Either way, have fun! :biggrin
Megan


----------



## baileybunch (Oct 26, 2007)

So, without testing do you just use the citric acid at the amount listed no matter what milk you use (lactationally speaking)? I can't wait! But I bet my pastor is going to miss all the milk I've been giving him! 3 gallons a week last week!


----------



## homeacremom (Nov 6, 2007)

There are variations in how much citric acid is needed depending on the milk variants. I think the point is that you use the base amount the first time, take notes, and correct as you go along. 
It is a fabulous feeling to get this ball of cheese that stretches! Always makes me feel accomplished and unique.  Happy cheese making.


----------



## baileybunch (Oct 26, 2007)

Wellll....sighs! It tastes like Mozzarella but...

First my curds were very mushy, not firm at all. Then as I kneaded the curds they took on cottage cheese appearance. Then when I put them in the hot water (no microwave) they turned to mush and all the salt washed away! Then we finally got the temp high enough that the cheese-glop would stretch. It did that. But then I couldn't form it into balls or sticks.  My whey was very cloudy/milky!

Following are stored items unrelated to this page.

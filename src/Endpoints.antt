-- ===== src/Endpoints.antt =====
-- `crates/domain/src/endpoints.rs`: which intervals an answer uses, and the answer without prices.
mod Answers
mod Offers
mod Examples
use spot_price.Prelude.{
  Result, ok, err, ok_or, ℕ, zero, Bool, true, false, String, Option, none, some, List, [], ◌∷◌,
  filter, find, if◌then◌else◌, ◌&&◌, unwrap_or,
}
use spot_price.Float.{Double}
use spot_price.Jiff.{Instant, Zoned}
use spot_price.Time.{truncate_to_millisecond}
use spot_price.Settings.{UserSettings}
use spot_price.Query.{CheapestQuery}
use spot_price.Price.{
  PriceInterval, TotalPrice, PriceWindow, total_of, build_price_window, calculate_total_prices,
  find_cheapest_window,
}

-- The hint of an unpublished `/price/tomorrow`.
abbrev pub tomorrow_expected_at : String
tomorrow_expected_at = "12:00 UTC"

-- The answer of a price-list endpoint.
pub data PriceList (T F : Type 0) : Type 0 where
  available : PriceWindow T F → PriceList T F
  unavailable : Option String → PriceList T F

-- Why `/price/cheapest` has no window.
pub data CheapestError (F : Type 0) : Type 0 where
  no_price_data : CheapestError F
  not_enough_data : ℕ → Option F → CheapestError F

module _ {T F : Type 0} ⦃i : Instant T⦄ ⦃d : Double F⦄ where
  abbrev listed : Option String → Option (PriceWindow T F) → PriceList T F
  listed hint none = unavailable hint
  listed hint (some window) = available window

  unfoldable pub from_totals : List (TotalPrice T F) → PriceList T F
  unfolding build_price_window
  from_totals totals = listed none (build_price_window totals)

  unfoldable pub tomorrow_from_totals : List (TotalPrice T F) → Bool → PriceList T F
  unfolding build_price_window
  tomorrow_from_totals totals complete =
      let hint = some tomorrow_expected_at in
      if complete then listed hint (build_price_window totals) else unavailable hint

module _ {T F : Type 0} ⦃i : Instant T⦄ where
  open i use {le, lt}

  -- The first interval with `start <= now < end`.
  unfoldable pub current_price : List (PriceInterval T F) → T → Option (PriceInterval T F)
  unfolding truncate_to_millisecond
  current_price prices now =
      let at = truncate_to_millisecond now in
      find (λ price. le price.period.start at && lt at price.period.end) prices

  abbrev ends_by : Option T → PriceInterval T F → Bool
  ends_by none price = true
  ends_by (some end) price = le price.period.end end

  -- The intervals that a cheapest window may use.
  unfoldable pub cheapest_candidates :
      List (PriceInterval T F) → T → Option T → Option T → List (PriceInterval T F)
  unfolding truncate_to_millisecond
  cheapest_candidates prices now start_time end_time =
      let earliest = unwrap_or start_time (truncate_to_millisecond now) in
      filter (ends_by end_time) (filter (λ price. le earliest price.period.start) prices)

module _ {T F : Type 0} ⦃i : Instant T⦄ ⦃d : Double F⦄ where
  -- `retain` of the totals at or below the limit.
  abbrev retain_max : Option F → List (TotalPrice T F) → List (TotalPrice T F)
  retain_max none totals = totals
  retain_max (some limit) totals = filter (λ total. d.le (total_of total) limit) totals

  module _ {Z : Type 0} ⦃z : Zoned T Z⦄ where
    pub answer_for :
        UserSettings F Z
        → CheapestQuery T F
        → List (PriceInterval T F)
        → Result (PriceWindow T F) (CheapestError F)
    answer_for s query [] = err no_price_data
    answer_for s query (candidate ∷ candidates) =
        let totals = calculate_total_prices (candidate ∷ candidates) s in
        ok_or (not_enough_data query.duration_minutes query.max_price)
          (find_cheapest_window (retain_max query.max_price totals) query.duration_minutes)

    unfoldable pub cheapest_window :
        List (PriceInterval T F)
        → UserSettings F Z
        → CheapestQuery T F
        → T
        → Result (PriceWindow T F) (CheapestError F)
    unfolding answer_for
    cheapest_window prices s query now =
        answer_for s query (cheapest_candidates prices now query.start_time query.end_time)
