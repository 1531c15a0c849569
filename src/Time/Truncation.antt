-- ===== src/Time/Truncation.antt =====
-- `truncate_to_millisecond`: the last whole millisecond at or before an instant, also before 1970.
use spot_price.Prelude.{some, ◌≡◌, ◌⊎◌, inl, inr, refl, arith, Option-cases}
use spot_price.Prelude.Int.{ℤ, pos, negsuc, ◌+ℤ◌, ◌-ℤ◌, ◌*ℤ◌, ◌≤ℤ◌, ◌<ℤ◌, div_trunc, div_euclid}
use spot_price.Jiff.{Instant, IsInstant, millisecond}
use spot_price.Time.{truncate_to_millisecond}

module _ {T : Type 0} ⦃i : Instant T⦄ (laws : IsInstant T) where
  open i use {as_nanosecond as ns, as_millisecond, from_millisecond, le}
  open laws use {le-eq, millisecond-eq, from_millisecond-eq}

  -- The instant has no part below one millisecond.
  abbrev pub IsTruncated : T → Type 0
  IsTruncated t = ns t ≡ div_euclid (ns t) millisecond *ℤ pos millisecond

  trunc_cases :
      (n : ℤ)
      → (div_trunc n millisecond ≡ div_euclid n millisecond)
        ⊎ ((div_trunc n millisecond -ℤ pos 1 ≡ div_euclid n millisecond)
            × (n <ℤ div_trunc n millisecond *ℤ pos millisecond))
  unfolding div_trunc div_euclid ◌-ℤ◌ ◌*ℤ◌
  trunc_cases (pos n) = inl refl
  trunc_cases (negsuc n) = ground arith

  floor_bounds :
      (n : ℤ)
      → (div_euclid n millisecond *ℤ pos millisecond ≤ℤ n)
        × (n <ℤ div_euclid n millisecond *ℤ pos millisecond +ℤ pos millisecond)
  unfolding div_euclid ◌*ℤ◌ ◌+ℤ◌
  floor_bounds (pos n) = ground arith
  floor_bounds (negsuc n) = ground arith

  truncate-floor :
      (t : T) {whole : T}
      → from_millisecond (div_euclid (ns t) millisecond) ≡ some whole
      → truncate_to_millisecond t ≡ whole
  unfolding truncate_to_millisecond
  truncate-floor t {whole} h =
      let (below, above) = floor_bounds (ns t) in
      elim (trunc_cases (ns t)) [
        | inl same ↦ ground (
          arith,
          millisecond-eq t,
          le-eq whole t,
          from_millisecond-eq (div_euclid (ns t) millisecond) whole,
        )
        | inr (less, over) ↦ elim (Option-cases (from_millisecond (as_millisecond t))) [
          | inl e ↦ ground (arith, millisecond-eq t)
          | inr (x, e) ↦ ground (
            arith,
            millisecond-eq t,
            le-eq x t,
            from_millisecond-eq (div_trunc (ns t) millisecond) x,
          )
        ]
      ]

  -- Where the whole millisecond is an instant of the crate, the result is that millisecond: it is at
  -- or before the instant, less than one millisecond away, also for an instant before 1970.
  pub truncate_to_millisecond_floor :
      (t : T) {whole : T}
      → from_millisecond (div_euclid (ns t) millisecond) ≡ some whole
      → let r = ns (truncate_to_millisecond t) in
        (r ≡ div_euclid (ns t) millisecond *ℤ pos millisecond)
        × (r ≤ℤ ns t)
        × (ns t <ℤ r +ℤ pos millisecond)
  truncate_to_millisecond_floor t {whole} h =
      let e = from_millisecond-eq _ whole h in
      let (below, above) = floor_bounds (ns t) in rw (truncate-floor t h, e) (refl, below, above)
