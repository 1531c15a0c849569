-- ===== src/Endpoints/Answers.antt =====
-- What the price endpoints promise of the intervals that they use.
use spot_price.Prelude.{
  some, List, ◌≡◌, arith, IsFirst, find-IsFirst_on, All, All-map, ◌*◌, ◌&&◌, ap,
}
use spot_price.Prelude.Int.{
  ℤ, pos, negsuc, ◌*ℤ◌, ◌+ℤ◌, ◌≤ℤ◌, ◌<ℤ◌, leb_ℤ, div_euclid, pos_part, neg_part, +ℤ_parts,
}
use spot_price.Jiff.{Instant, IsInstant, millisecond}
use spot_price.Time.{truncate_to_millisecond}
use spot_price.Time.Truncation.{truncate_to_millisecond_floor}
use spot_price.Price.{PriceInterval}
use spot_price.Endpoints.{current_price}

millisecond_parts :
    (m : ℤ)
    → (pos_part (m *ℤ pos millisecond) ≡ pos_part m * millisecond)
      × (neg_part (m *ℤ pos millisecond) ≡ neg_part m * millisecond)
unfolding ◌*ℤ◌
millisecond_parts (pos n) = (ground arith, ground arith)
millisecond_parts (negsuc n) = (ground arith, ground arith)

-- A whole millisecond is at or before an instant exactly when it is so for the floor of the instant.
whole_le :
    (m floor now k bound : ℤ)
    → floor ≡ k *ℤ pos millisecond
    → bound ≡ m *ℤ pos millisecond
    → floor ≤ℤ now
    → now <ℤ floor +ℤ pos millisecond
    → leb_ℤ bound floor ≡ leb_ℤ bound now
whole_le m floor now k bound p q low high = ground (
  arith,
  low,
  high,
  +ℤ_parts floor (pos millisecond),
  millisecond_parts k,
  millisecond_parts m,
  ap pos_part p,
  ap neg_part p,
  ap pos_part q,
  ap neg_part q,
)

module _ {T F : Type 0} ⦃i : Instant T⦄ where
  open i use {as_nanosecond as ns, le, lt, from_millisecond}

  -- The half-open interval holds the instant.
  abbrev pub IsCurrent : T → PriceInterval T F → Type 0
  IsCurrent at price = (ns price.period.start ≤ℤ ns at) × (ns at <ℤ ns price.period.end)

  -- The bounds of an interval are whole milliseconds.
  abbrev pub IsWhole : PriceInterval T F → Type 0
  IsWhole price =
      ((m : ℤ) × (ns price.period.start ≡ m *ℤ pos millisecond))
      × ((m : ℤ) × (ns price.period.end ≡ m *ℤ pos millisecond))

  -- The current price is the first stored interval that holds the instant; there is no current price
  -- exactly when no interval holds it. The stored bounds are whole milliseconds, and the whole
  -- millisecond at or before the instant is an instant of the crate.
  pub current_price-IsFirst :
      (laws : IsInstant T) (prices : List (PriceInterval T F)) (now whole : T)
      → from_millisecond (div_euclid (ns now) millisecond) ≡ some whole
      → All IsWhole prices
      → IsFirst (IsCurrent now) prices (current_price prices now)
  unfolding current_price
  current_price-IsFirst laws prices now whole h bounds =
      let at = truncate_to_millisecond now in
      let (exact, below, above) = truncate_to_millisecond_floor laws now h in
      find-IsFirst_on (IsCurrent now) (λ price. le price.period.start at && lt at price.period.end)
        prices
        (All-map prices
          (λ p ((m, start), (n, end)).
            let start_iff =
              whole_le m (ns at) (ns now) _ (ns p.period.start) exact start below above in
            let end_iff = whole_le n (ns at) (ns now) _ (ns p.period.end) exact end below above in
            (
              ground (
                arith,
                laws.le-eq p.period.start at,
                laws.lt-eq at p.period.end,
                start_iff,
                end_iff,
              ),
              λ e h. ground (
                arith,
                laws.le-eq p.period.start at,
                laws.lt-eq at p.period.end,
                start_iff,
                end_iff,
              ),
            ))
          bounds)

My rennet said "double strength" so I had to quick call Christy to ask about that. Then she told me that the quick recipe isn't so great. Boo Hoo!

So, with our three little balls of cheese (one almost eaten up now) dd is making pizza for lunch.

Time to find another recipe! I never did figure out if I need Thermophilic culture or not. Rikki's recipe calls for it, Christy's does not. <shrugs>


----------